Don't put happiness on hold

Happiness is dangled before us in many subtle and sometimes blatant ways during the course of our everyday lives. It’s often presented as something that awaits us, and often involves acquiring one product or another to complete the prospect. Very rarely is the case made that we already have it.

So it’s not unusual that we may find ourselves thinking of happiness in these terms—as something we would love to attain, but is just out of our grasp. It will come perhaps with the right friendship, with marriage, with children, or with the perfect job. It may be ours when our bodies shape up, or when a nagging complaint fades away.

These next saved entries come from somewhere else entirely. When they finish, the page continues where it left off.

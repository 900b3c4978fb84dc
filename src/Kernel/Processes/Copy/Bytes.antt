-- ===== src/Kernel/Processes/Copy/Bytes.antt =====
-- The bytes that the constructor of `HashPageTable` from an iterator copies,
-- kernel/KernelObjects/PageTables.cpp: each page is followed by three pages more, which land in the
-- frames behind the new one.
use cs16mem_model_vm.Base.{
  ℕ, ◌+◌, ◌<◌, ◌≤◌, ◌≡◌, ◌∙◌, ap, sym, refl, Option, none, some, List, [], ◌∷◌, arith, ℕ_discrete,
  ◌==◌, if◌then◌else◌, ◌⊎◌, inl, inr, Among,
}
use cs16mem_model_vm.Kernel.Frames.{num_pages}
use cs16mem_model_vm.Kernel.Pages.{Entry}
use cs16mem_model_vm.Kernel.UnorderedMap.{find_in}
use cs16mem_model_vm.Kernel.Processes.{Physical, first_word}
use cs16mem_model_vm.Kernel.Processes.Copy.Words.{Copied}
use cs16mem_model_vm.Kernel.Processes.Entries.{Unique}

-- The frame that stands beside the first entry of a page.
abbrev pub frame_of : ℕ → List (ℕ × Entry) → List ℕ → Option ℕ
frame_of v [] fs = none
frame_of v (_ ∷ _) [] = none
frame_of v ((k, pte) ∷ es) (f ∷ fs) = if v == k then some f else frame_of v es fs

-- No frame of the list, nor the three behind it, is the frame `src`.
abbrev pub Clear : ℕ → List ℕ → Type 0
Clear src fs = (g : ℕ) → Among g fs → (src < g) ⊎ (g + 4 ≤ src)

-- The word is in no frame of the list, nor in the three behind one.
abbrev pub Outside : ℕ → List ℕ → Type 0
Outside w fs = (g : ℕ) → Among g fs → (w < first_word g) ⊎ (first_word g + 4096 ≤ w)

-- What the copies leave: each new frame has three more behind it in memory, no other word changed, and
-- the frame of a page holds the page, when no copy ran over the original.
pub record Filled (es : List (ℕ × Entry)) (fs : List ℕ) (p p' : Physical) : Type 0 where
  pub room : (g : ℕ) → Among g fs → g + 4 ≤ num_pages
  pub elsewhere : (w : ℕ) → Outside w fs → p' w ≡ p w
  pub content :
      (v : ℕ) (e : Entry) (f i : ℕ)
      → find_in v es ≡ some e
      → frame_of v es fs ≡ some f
      → Clear e.pfn fs
      → i < 1024
      → p' (first_word f + i) ≡ p (first_word e.pfn + i)

pub none_Filled : (p : Physical) → Filled [] [] p p
none_Filled p = record {
  room = λ g a. absurd a;
  elsewhere = λ w a. refl;
  content = λ v e f i h k c l. cc;
}

pub next_Filled :
    (vpn : ℕ) (pte : Entry) (es : List (ℕ × Entry)) (f : ℕ) (fs : List ℕ) (p q p' : Physical)
    → Copied 4096 (first_word pte.pfn) (first_word f) p q
    → ((g : ℕ) → Among g fs → f < g)
    → Filled es fs q p'
    → Filled ((vpn, pte) ∷ es) (f ∷ fs) p p'
next_Filled vpn pte es f fs p q p' c later r = record {
  room = room;
  elsewhere = elsewhere;
  content = content;
}
  where
    room : (g : ℕ) → Among g (f ∷ fs) → g + 4 ≤ num_pages
    room g (inl same) = let (a, b) = c.in_range 4095 (omega arith) in omega (arith, b, same)
    room g (inr a) = r.room g a

    elsewhere : (w : ℕ) → Outside w (f ∷ fs) → p' w ≡ p w
    elsewhere w out = r.elsewhere w (λ g a. out g (inr a)) ∙ c.elsewhere w (out f (inl refl))

    apart :
        (src i : ℕ)
        → i < 1024
        → (src < f) ⊎ (f + 4 ≤ src)
        → (first_word src + i < first_word f) ⊎ (first_word f + 4096 ≤ first_word src + i)
    apart src i l (inl below) = inl (omega (arith, below, l))
    apart src i l (inr above) = inr (omega (arith, above))

    ahead :
        (src i : ℕ)
        → i < 1024
        → (src < f) ⊎ (f + 4 ≤ src)
        → (first_word f ≤ first_word src) ⊎ (first_word src + i < first_word f)
    ahead src i l (inl below) = inr (omega (arith, below, l))
    ahead src i l (inr above) = inl (omega (arith, above))

    own : (i : ℕ) → i < 1024 → Outside (first_word f + i) fs
    own i l g a = inl (omega (arith, l, later g a))

    here :
        (i : ℕ)
        → i < 1024
        → Clear pte.pfn (f ∷ fs)
        → p' (first_word f + i) ≡ p (first_word pte.pfn + i)
    here i l clear =
        r.elsewhere (first_word f + i) (own i l)
        ∙ c.content i (omega (arith, l)) (ahead pte.pfn i l (clear f (inl refl)))

    content :
        (v : ℕ) (e : Entry) (g i : ℕ)
        → find_in v ((vpn, pte) ∷ es) ≡ some e
        → frame_of v ((vpn, pte) ∷ es) (f ∷ fs) ≡ some g
        → Clear e.pfn (f ∷ fs)
        → i < 1024
        → p' (first_word g + i) ≡ p (first_word e.pfn + i)
    content v e g i h k clear l = elim (ℕ_discrete v vpn) [
      | yes same ↦
          let is : pte ≡ e = ground (arith, h, same) in
          let at : f ≡ g = ground (arith, k, same) in
          let number : pte.pfn ≡ e.pfn = ap (λ (x : Entry). x.pfn) is in
          ap (λ x. p' (first_word x + i)) (sym at)
          ∙ here i l (λ x a. rw number (clear x a))
          ∙ ap (λ x. p (first_word x + i)) number
      | no other ↦
          r.content v e g i (ground (arith, h, other)) (ground (arith, k, other))
            (λ x a. clear x (inr a)) l
          ∙ c.elsewhere (first_word e.pfn + i) (apart e.pfn i l (clear f (inl refl)))
    ]

-- The frame is that of an entry of the list.
abbrev pub Source : List (ℕ × Entry) → ℕ → Type 0
Source [] g = ⊥
Source ((v, e) ∷ es) g = (g ≡ e.pfn) ⊎ Source es g

pub find-Source :
    (es : List (ℕ × Entry)) (g : ℕ)
    → Unique es
    → Source es g
    → (v : ℕ) × ((e : Entry) × ((find_in v es ≡ some e) × (g ≡ e.pfn)))
find-Source [] g u s = absurd s
find-Source ((k, pte) ∷ es) g u (inl is) = (k, (pte, (ground arith, is)))
find-Source ((k, pte) ∷ es) g u (inr s) =
    let (v, (e, (found, is))) = find-Source es g u.2 s in
    elim (ℕ_discrete v k) [
      | yes same ↦ let gone : find_in v es ≡ none = ap (λ x. find_in x es) same ∙ u.1 in cc
      | no other ↦ (v, (e, (ground (arith, other, found), is)))
    ]
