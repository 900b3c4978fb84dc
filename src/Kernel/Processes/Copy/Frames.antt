-- ===== src/Kernel/Processes/Copy/Frames.antt =====
-- The frames that a copy of a page table takes, one after the other (kernel/KernelObjects/PageTables.cpp).
use cs16mem_model_vm.Base.{
  ℕ, ◌<◌, ◌≤◌, ◌≡◌, ◌≢◌, ◌∙◌, ap, sym, refl, subst, Bool, Option, some, List, [], ◌∷◌, arith,
  ℕ_discrete, dec_lt, Among, Distinct, true, false, inl, inr,
}
use cs16mem_model_vm.Kernel.Bitset.{test}
use cs16mem_model_vm.Kernel.Frames.{MemoryManager, num_pages}
use cs16mem_model_vm.Kernel.Frames.Laws.{IsValid, Taken}

-- The frames of a list were free, are above the kernel and within memory, and are now taken; they are
-- distinct, and no other frame changed.
pub record Reserved (m m' : MemoryManager) (fs : List ℕ) : Type 0 where
  pub valid : IsValid m'
  pub boundary : m'.kernel_reserved_boundary ≡ m.kernel_reserved_boundary
  pub fresh :
      (f : ℕ)
      → Among f fs
      → (test m.reserved_pages f ≡ some false)
        × ((m.kernel_reserved_boundary ≤ f) × (f < num_pages))
  pub taken : (f : ℕ) → Among f fs → test m'.reserved_pages f ≡ some true
  pub other : (f : ℕ) → ¬ Among f fs → test m'.reserved_pages f ≡ test m.reserved_pages f
  pub distinct : Distinct fs

pub none_Reserved : (m : MemoryManager) → IsValid m → Reserved m m []
none_Reserved m v = record {
  valid = v;
  boundary = refl;
  fresh = λ f a. absurd a;
  taken = λ f a. absurd a;
  other = λ f a. refl;
  distinct = tt;
}

pub clash : {o : Option Bool} → o ≡ some true → o ≡ some false → ⊥
clash e f = cc

-- The frames are taken from the lowest on.
pub later :
    (m n l : MemoryManager) (f : ℕ) (fs : List ℕ)
    → n.kernel_reserved_boundary ≡ m.kernel_reserved_boundary
    → Taken m.reserved_pages n.reserved_pages m.kernel_reserved_boundary num_pages f
    → Reserved n l fs
    → (g : ℕ) → Among g fs
    → f < g
later m n l f fs b t r g a =
    let (free, (low, high)) = r.fresh g a in
    elim (ℕ_discrete f g) [
      | yes same ↦ absurd (clash (ap (test n.reserved_pages) (sym same) ∙ t.written.here) free)
      | no other ↦ elim (dec_lt f g) [
        | yes above ↦ above
        | no below ↦
            let taken = t.first g (omega (arith, b, low)) (omega (arith, other, below)) in
            let same = t.written.elsewhere g (λ e. other (sym e)) in
            absurd (clash taken (sym same ∙ free))
      ]
    ]

-- One frame, and then the others.
pub next_Reserved :
    (m n l : MemoryManager) (f : ℕ) (fs : List ℕ)
    → n.kernel_reserved_boundary ≡ m.kernel_reserved_boundary
    → Taken m.reserved_pages n.reserved_pages m.kernel_reserved_boundary num_pages f
    → Reserved n l fs
    → Reserved m l (f ∷ fs)
next_Reserved m n l f fs b t r = record {
  valid = r.valid;
  boundary = r.boundary ∙ b;
  fresh = λ g a. fresh g a;
  taken = λ g a. taken g a;
  other =
      λ g a. r.other g (λ in_rest. a (inr in_rest)) ∙ t.written.elsewhere g (λ same. a (inl same));
  distinct = (again, r.distinct);
}
  where
    again : ¬ Among f fs
    again a = let (e, range) = r.fresh f a in absurd (clash t.written.here e)

    apart : (g : ℕ) → Among g fs → g ≢ f
    apart g a same = again (subst (λ x. Among x fs) same a)

    fresh :
        (g : ℕ)
        → Among g (f ∷ fs)
        → (test m.reserved_pages g ≡ some false)
          × ((m.kernel_reserved_boundary ≤ g) × (g < num_pages))
    fresh g (inl same) = rw same (t.was_free, (t.low, t.high))
    fresh g (inr a) =
        let (e, (low, high)) = r.fresh g a in
        (sym (t.written.elsewhere g (apart g a)) ∙ e, (omega (arith, b, low), high))

    taken : (g : ℕ) → Among g (f ∷ fs) → test l.reserved_pages g ≡ some true
    taken g (inl same) = rw same (r.other f again ∙ t.written.here)
    taken g (inr a) = r.taken g a
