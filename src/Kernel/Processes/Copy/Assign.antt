-- ===== src/Kernel/Processes/Copy/Assign.antt =====
-- An assignment through the reference that `operator[]` of kernel/kstl/UnorderedMap.h returns.
use cs16mem_model_vm.Base.{
  ℕ, ◌%◌, ◌<◌, ◌≡◌, ◌≢◌, ◌∙◌, ap, sym, refl, subst, Option, none, some, List, [], ◌∷◌, length,
  arith, ℕ_discrete, update,
}
use cs16mem_model_vm.Kernel.Pages.{Entry}
use cs16mem_model_vm.Kernel.Pages.HashTable.{HashPageTable}
use cs16mem_model_vm.Kernel.UnorderedMap.{hash, find_in, bucket_at, set_bucket}
use cs16mem_model_vm.Kernel.UnorderedMap.Buckets.{
  Holds, length-set_bucket, bucket_at-set_bucket_self, bucket_at-set_bucket_ne,
}
use cs16mem_model_vm.Kernel.UnorderedMap.Rehash.{look_in, Hashed}
use cs16mem_model_vm.Kernel.UnorderedMap.Laws.{Represents}
use cs16mem_model_vm.Kernel.Processes.{assign, assign_at}

find_in-assign_self :
    (vpn : ℕ) (e v : Entry) (b : List (ℕ × Entry))
    → find_in vpn b ≡ some v
    → find_in vpn (assign vpn e b) ≡ some e
find_in-assign_self vpn e v [] h = cc
find_in-assign_self vpn e v ((k, u) ∷ b) h = ground (arith, find_in-assign_self vpn e v b)

find_in-assign_ne :
    (j vpn : ℕ) (e : Entry) (b : List (ℕ × Entry))
    → j ≢ vpn
    → find_in j (assign vpn e b) ≡ find_in j b
find_in-assign_ne j vpn e [] n = refl
find_in-assign_ne j vpn e ((k, u) ∷ b) n = ground (arith, find_in-assign_ne j vpn e b n)

find_in-assign-none :
    (j vpn : ℕ) (e : Entry) (b : List (ℕ × Entry))
    → find_in j b ≡ none
    → find_in j (assign vpn e b) ≡ none
find_in-assign-none j vpn e [] h = refl
find_in-assign-none j vpn e ((k, u) ∷ b) h = ground (arith, find_in-assign-none j vpn e b)

assign-Holds :
    (hashed : ℕ → ℕ) (i vpn : ℕ) (e : Entry) (b : List (ℕ × Entry))
    → Holds hashed i b
    → Holds hashed i (assign vpn e b)
assign-Holds hashed i vpn e [] h = tt
assign-Holds hashed i vpn e ((k, u) ∷ b) h =
    ground (arith, assign-Holds hashed i vpn e b h.2, find_in-assign-none k vpn e b h.1)

abbrev written : ℕ → ℕ → Entry → List (List (ℕ × Entry)) → List (List (ℕ × Entry))
written n vpn e bs = set_bucket bs (hash vpn % n) (assign vpn e (bucket_at bs (hash vpn % n)))

written-Hashed :
    (n vpn : ℕ) (e : Entry) (bs : List (List (ℕ × Entry)))
    → hash vpn % n < length bs
    → Hashed hash n bs
    → Hashed hash n (written n vpn e bs)
written-Hashed n vpn e bs room w i = elim (ℕ_discrete (hash vpn % n) i) [
  | yes q ↦
      let loc = hash vpn % n in
      let here : Holds (λ k. hash k % n) loc (bucket_at (written n vpn e bs) loc) =
        rw (bucket_at-set_bucket_self bs loc (assign vpn e (bucket_at bs loc)) room)
          (assign-Holds (λ k. hash k % n) loc vpn e (bucket_at bs loc) (w loc)) in
      subst (λ j. Holds (λ k. hash k % n) j (bucket_at (written n vpn e bs) j)) q here
  | no ne ↦ rw (bucket_at-set_bucket_ne bs (hash vpn % n) i _ ne) (w i)
]

look_in-written_self :
    (n vpn : ℕ) (e v : Entry) (bs : List (List (ℕ × Entry)))
    → hash vpn % n < length bs
    → look_in hash n bs vpn ≡ some v
    → look_in hash n (written n vpn e bs) vpn ≡ some e
look_in-written_self n vpn e v bs room h =
    let loc = hash vpn % n in
    rw (bucket_at-set_bucket_self bs loc (assign vpn e (bucket_at bs loc)) room)
      (find_in-assign_self vpn e v (bucket_at bs loc) h)

look_in-written_ne :
    (n vpn j : ℕ) (e : Entry) (bs : List (List (ℕ × Entry)))
    → hash vpn % n < length bs
    → j ≢ vpn
    → look_in hash n (written n vpn e bs) j ≡ look_in hash n bs j
look_in-written_ne n vpn j e bs room ne = elim (ℕ_discrete (hash vpn % n) (hash j % n)) [
  | yes q ↦
      rw (sym q, bucket_at-set_bucket_self bs (hash vpn % n) _ room)
        (find_in-assign_ne j vpn e (bucket_at bs (hash vpn % n)) ne)
  | no d ↦ rw (bucket_at-set_bucket_ne bs (hash vpn % n) (hash j % n) _ d) refl
]

-- The page has the new entry, and the others keep theirs.
pub assign_at-Represents :
    (vpn : ℕ) (e v : Entry) (t : HashPageTable) (pages : ℕ → Option Entry)
    → Represents hash t pages
    → pages vpn ≡ some v
    → Represents hash (assign_at vpn e t) (update pages vpn (some e))
assign_at-Represents vpn e v t pages r known =
    let n = length t.buckets in
    let room : hash vpn % n < n = omega (arith, r.valid.some_buckets) in
    let same : length (written n vpn e t.buckets) ≡ n =
      length-set_bucket t.buckets (hash vpn % n) _ in
    record {
      valid = record {
        some_buckets = omega (arith, same, r.valid.some_buckets);
        hashed =
            subst (λ c. Hashed hash c (written n vpn e t.buckets)) (sym same)
              (written-Hashed n vpn e t.buckets room r.valid.hashed);
      };
      answers = λ j.
          ap (λ c. look_in hash c (written n vpn e t.buckets) j) same
          ∙ after n room (r.answers vpn ∙ known) j (r.answers j);
    }
  where
    after :
        (n : ℕ)
        → hash vpn % n < length t.buckets
        → look_in hash n t.buckets vpn ≡ some v
        → (j : ℕ) → look_in hash n t.buckets j ≡ pages j
        → look_in hash n (written n vpn e t.buckets) j ≡ update pages vpn (some e) j
    after n room h j a = elim (ℕ_discrete vpn j) [
      | yes q ↦
          ap (look_in hash n (written n vpn e t.buckets)) (sym q)
          ∙ look_in-written_self n vpn e v t.buckets room h
          ∙ ground (arith, q)
      | no ne ↦
          look_in-written_ne n vpn j e t.buckets room (λ q. ne (sym q)) ∙ a ∙ ground (arith, ne)
    ]
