-- ===== src/Approvals/Steps.antt =====
-- internal/approvals/service.go: the moves of the approval tables.
use meeseek_collective.Common.{
  ℕ, not, ◌≡◌, refl, sym, subst, if_cases, ltb, nat_eq, ap, ◌⊎◌, inl, inr, true, none, some, List,
  ◌∷◌, String, arith, length, Option-cases,
}
use meeseek_collective.Common.Text.{trim_space}
use meeseek_collective.Common.Sets.{has_string, normalize, IsSorted, normalize-IsSorted}
use meeseek_collective.Common.Rows.{count, find, update, insert, KeepsKey}
use meeseek_collective.Common.Result.{ok, Result-cases, with_tx_cases}
use meeseek_collective.Domain.{ApprovalState}
use meeseek_collective.Approvals.Requests.{
  Action, approve, reject, CreateRequest, Request, Decision, Registry, request_key, is_approved,
  validate_create, load_by_subject_digest, new_request, create_in_tx, clean_ids,
}
use meeseek_collective.Approvals.Decisions.{
  set_state, decide_row, find_decision, approves, conclude, terminalize, record_decision, decide,
  consume_in_tx, Call, creates, decides, consumes, after,
}

-- What becomes of the requests when a first decision has been noted.
pub data Outcome (id : String) (r : Request) (d : Decision) (ds : List Decision)
    (old new : List Request) : Type 0 where
  waits : d.action ≡ approve → new ≡ old → Outcome id r d ds old new
  grants :
      (f : Request → Request)
      → d.action ≡ approve
      → count (approves id) (d ∷ ds) ≡ length r.required
      → f r ≡ record r {
        state = ApprovalState.approved;
        decided_at = some d.decided_at;
        approver = some d.approver;
        action = some d.action;
      }
      → KeepsKey f
      → new ≡ update id f old
      → Outcome id r d ds old new
  refuses :
      (f : Request → Request)
      → d.action ≡ reject
      → f r ≡ record r {
        state = ApprovalState.rejected;
        decided_at = some d.decided_at;
        approver = some d.approver;
        action = some d.action;
      }
      → KeepsKey f
      → new ≡ update id f old
      → Outcome id r d ds old new

-- The effect of a call: none, a new request, a first decision on a pending request, or the one use.
pub data Step (s t : Registry) : Type 0 where
  stays : t ≡ s → Step s t
  opens :
      (r : Request) (rows : List Request)
      → r.state ≡ ApprovalState.pending
      → IsSorted r.required
      → insert r s.requests ≡ some rows
      → t ≡ record s { requests = rows }
      → Step s t
  votes :
      (id : String) (r : Request) (d : Decision)
      → find id s.requests ≡ some r
      → r.state ≡ ApprovalState.pending
      → d.approval ≡ id
      → has_string r.required d.approver ≡ true
      → find_decision id d.approver s.decisions ≡ none
      → t.decisions ≡ d ∷ s.decisions
      → Outcome id r d s.decisions s.requests t.requests
      → Step s t
  uses :
      (id : String) (r : Request)
      → find id s.requests ≡ some r
      → r.state ≡ ApprovalState.approved
      → t ≡ record s {
        requests = update id (set_state ApprovalState.consumed is_approved) s.requests;
      }
      → Step s t

pub consume_cases :
    (now : ℕ) (approval digest : String) (s t : Registry)
    → consume_in_tx now approval digest s ≡ ok (tt, t)
    → (r : Request) × (find (trim_space approval) s.requests ≡ some r)
      × (r.state ≡ ApprovalState.approved)
      × (t ≡ record s {
        requests =
            update (trim_space approval) (set_state ApprovalState.consumed is_approved) s.requests;
      })
unfolding consume_in_tx
consume_cases now approval digest s t h = ground arith

validate_create-required :
    (now : ℕ) (q : CreateRequest) (s t : Registry) (r : CreateRequest)
    → validate_create now q s ≡ ok (r, t)
    → (t ≡ s) × (r.required ≡ normalize q.required)
unfolding validate_create clean_ids
validate_create-required now q s t r h = ground arith

terminalize_cases :
    (id : String) (target : ApprovalState) (actor : String) (action : Action) (now : ℕ)
    (s t : Registry)
    → terminalize id target actor action now s ≡ ok (tt, t)
    → t ≡ record s { requests = update id (decide_row target actor action now) s.requests }
unfolding terminalize
terminalize_cases id target actor action now s t h = ground arith

pub create_cases :
    (fresh : String) (now : ℕ) (q : CreateRequest) (s t : Registry) (r : Request)
    → create_in_tx fresh now q s ≡ ok (r, t)
    → Step s t
unfolding create_in_tx new_request
create_cases fresh now q s t r h = elim (Result-cases (validate_create now q s)) [
  | inr (e, v) ↦ absurd (ground (arith, v, h))
  | inl (c, u, v) ↦
      let (same, required) = validate_create-required now q s u c v in
      elim (Option-cases (load_by_subject_digest c.subject_kind c.subject c.digest s.requests)) [
        | inl none_ ↦ elim (Option-cases (insert (new_request fresh now c) s.requests)) [
          | inl clash ↦ absurd (ground (arith, v, h, same, none_, clash))
          | inr (rows, ins) ↦
              opens (new_request fresh now c) rows refl
                (subst IsSorted (sym required) (normalize-IsSorted q.required)) ins
                (ground (arith, v, h, same, none_, ins))
        ]
        | inr (old, found) ↦ stays (ground (arith, v, h, same, found))
      ]
]

conclude_approved :
    (id approver : String) (now : ℕ) (r : Request) (n : ℕ) (s t : Registry)
    → conclude id approver approve now r n s ≡ ok (tt, t)
    → (t ≡ s)
      ⊎ ((n ≡ length r.required)
          × (t ≡ record s {
            requests =
                update id (decide_row ApprovalState.approved approver approve now) s.requests;
          }))
unfolding conclude
conclude_approved id approver now r n s t h = elim (if_cases (ltb n (length r.required)) h) [
  | inl (more, e) ↦ inl (ground (arith, e))
  | inr (full, e) ↦ elim (if_cases (not (nat_eq n (length r.required))) e) [
    | inl (other, e') ↦ absurd (ground (arith, e'))
    | inr (same, e') ↦ inr (
      ground (arith, same),
      terminalize_cases id ApprovalState.approved approver approve now s t e',
    )
  ]
]

-- A first decision: the row is noted, and its effect follows from the action and the count.
record_decision-votes :
    (id approver digest : String) (now : ℕ) (action : Action) (r : Request) (s t : Registry)
    → find id s.requests ≡ some r
    → r.state ≡ ApprovalState.pending
    → has_string r.required approver ≡ true
    → find_decision id approver s.decisions ≡ none
    → record_decision id approver digest action now r s ≡ ok (tt, t)
    → Step s t
unfolding record_decision conclude
record_decision-votes id approver digest now approve r s t fr pending member new h =
    let d : Decision = record {
      approval = id;
      approver = approver;
      digest = digest;
      action = approve;
      decided_at = now;
    } in
    let noted : Registry = record s { decisions = d ∷ s.decisions } in
    elim (conclude_approved id approver now r (count (approves id) (d ∷ s.decisions)) noted t h) [
      | inl e ↦
          votes id r d fr pending refl member new (ap (λ (x : Registry). x.decisions) e)
            (waits refl (ap (λ (x : Registry). x.requests) e))
      | inr (full, e) ↦
          votes id r d fr pending refl member new (ap (λ (x : Registry). x.decisions) e) (
            grants (decide_row ApprovalState.approved approver approve now) refl full
              (ground (arith, pending)) (λ x. ground arith) (ap (λ (x : Registry). x.requests) e))
    ]
record_decision-votes id approver digest now reject r s t fr pending member new h =
    let d : Decision = record {
      approval = id;
      approver = approver;
      digest = digest;
      action = reject;
      decided_at = now;
    } in
    let noted : Registry = record s { decisions = d ∷ s.decisions } in
    let e = terminalize_cases id ApprovalState.rejected approver reject now noted t h in
    votes id r d fr pending refl member new (ap (λ (x : Registry). x.decisions) e) (
      refuses (decide_row ApprovalState.rejected approver reject now) refl (ground (arith, pending))
        (λ x. ground arith) (ap (λ (x : Registry). x.requests) e))

decide_cases :
    (now : ℕ) (approval principal digest : String) (action : Action) (s t : Registry)
    → decide now approval principal digest action s ≡ ok (tt, t)
    → Step s t
unfolding decide
decide_cases now approval principal digest action s t h =
    let id = trim_space approval in
    let approver = trim_space principal in
    elim (Option-cases (find id s.requests)) [
      | inl e ↦ absurd (ground (arith, e, h))
      | inr (r, fr) ↦ elim (Option-cases (find_decision id approver s.decisions)) [
        | inl new ↦
            record_decision-votes id approver (trim_space digest) now action r s t fr
              (ground (arith, fr, new, h)) (ground (arith, fr, new, h)) new
              (ground (arith, fr, new, h))
        | inr (d, old) ↦ stays (ground (arith, fr, old, h))
      ]
    ]

pub consume_in_tx-Step :
    (now : ℕ) (approval digest : String) (s t : Registry)
    → consume_in_tx now approval digest s ≡ ok (tt, t)
    → Step s t
consume_in_tx-Step now approval digest s t h =
    let (r, fr, approved, e) = consume_cases now approval digest s t h in
    uses (trim_space approval) r fr approved e

pub after-Step : (s : Registry) (c : Call) → Step s (after s c)
unfolding after
after-Step s (creates fresh now q) =
    with_tx_cases (Step s) (create_in_tx fresh now q) s (stays refl)
      λ r t h. create_cases fresh now q s t r h
after-Step s (decides now approval principal digest action) =
    with_tx_cases (Step s) (decide now approval principal digest action) s (stays refl)
      λ u t h. decide_cases now approval principal digest action s t h
after-Step s (consumes now approval digest) =
    with_tx_cases (Step s) (consume_in_tx now approval digest) s (stays refl) λ u t h.
      let (r, fr, approved, e) = consume_cases now approval digest s t h in
      uses (trim_space approval) r fr approved e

If we could find a better apartment, pay all our bills, improve a grade point average, or leave home—then we would be happy.

Nevertheless, the case has already been made, and convincingly, by Christ Jesus’ teachings, that we are in fact inherently happy. In the summary of his teaching called the Sermon on the Mount, God’s children are described as fully happy. In the familiar King James Version of the Bible, the beatitudes begin with “Blessed are . . .” (see Matthew 5:3–12). In several other translations, the word blessed is replaced with “happy.” And the Amplified Bible follows the word blessed with this amplification: “happy, blithesome, joyous, spiritually prosperous—with life-joy and satisfaction in God’s favor and salvation, regardless of their outward conditions” (verse 5). In the Master’s statement that concludes the chapter, he declares, “Be ye therefore perfect, even as your Father which is in heaven is perfect” (Matthew 5:48).